## Try it
From the entries below, determine the number of lines that contain "Buffer". Give that number by itself.

## Material for this task
================================

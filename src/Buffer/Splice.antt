-- ===== src/Buffer/Splice.antt =====
-- What the channel says of splice(2) is not changed by flushing and by taking blocks.
use archive_tar_builder.Prelude.{
  ℕ, ◌≡◌, refl, ◌∙◌, false, ◌||◌, Option, ◌==◌, ltb, Bool-cases, inl, inr,
}
use archive_tar_builder.Buffer.{
  Result, ok, err, Block, Channel, Written, all_done, gave_up, write_loop, flushed, flush, full,
  take_block, padded_size, get_block,
}

flushed-can_splice :
    (ch : Channel) (w : Written) → (flushed ch w).1.buf.can_splice ≡ ch.buf.can_splice
unfolding flushed
flushed-can_splice ch (all_done ret output answers) = refl
flushed-can_splice ch (gave_up e output answers) = refl

flush-can_splice : (ch : Channel) → (flush ch).1.buf.can_splice ≡ ch.buf.can_splice
unfolding flush
flush-can_splice ch = elim (Bool-cases (ch.buf.fd == 0)) [
  | inl e ↦ rw e refl
  | inr e ↦ elim (Bool-cases (ch.buf.size == 0 || ch.buf.unused == ch.buf.size)) [
    | inl f ↦ rw (e, f) refl
    | inr f ↦
        rw (e, f)
          (flushed-can_splice ch
            (write_loop ch.answers ch.buf.bytes ch.buf.size 0 0 false ch.output))
  ]
]

take_block-can_splice :
    (ch : Channel) (n : ℕ) → (take_block ch n).1.buf.can_splice ≡ ch.buf.can_splice
unfolding take_block
take_block-can_splice ch n = elim (Bool-cases (ltb ch.buf.unused n)) [
  | inl e ↦ rw e refl
  | inr e ↦ rw e refl
]

after_flush-can_splice :
    (ch : Channel) (n : ℕ) (flushed : Result ℕ)
    → (elim flushed as (λ r. Result (Option Block) × Channel) [
      | err e ↦ (err e, ch)
      | ok _ ↦ take_block ch n
    ]).1.buf.can_splice
      ≡ ch.buf.can_splice
after_flush-can_splice ch n (err e) = refl
after_flush-can_splice ch n (ok ret) = take_block-can_splice ch n

pub get_block-can_splice :
    (ch : Channel) (len : ℕ) → (get_block ch len).1.buf.can_splice ≡ ch.buf.can_splice
unfolding get_block
get_block-can_splice ch len = elim (Bool-cases (len == 0)) [
  | inl e ↦ rw e refl
  | inr e ↦ elim (Bool-cases (ch.buf.fd == 0)) [
    | inl f ↦ rw (e, f) refl
    | inr f ↦ elim (Bool-cases (full ch.buf)) [
      | inl g ↦
          rw (e, f, g)
            (after_flush-can_splice (flush ch).1 (padded_size len) (flush ch).0
              ∙ flush-can_splice ch)
      | inr g ↦ rw (e, f, g) (take_block-can_splice ch (padded_size len))
    ]
  ]
]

================================

## Exercise solution
3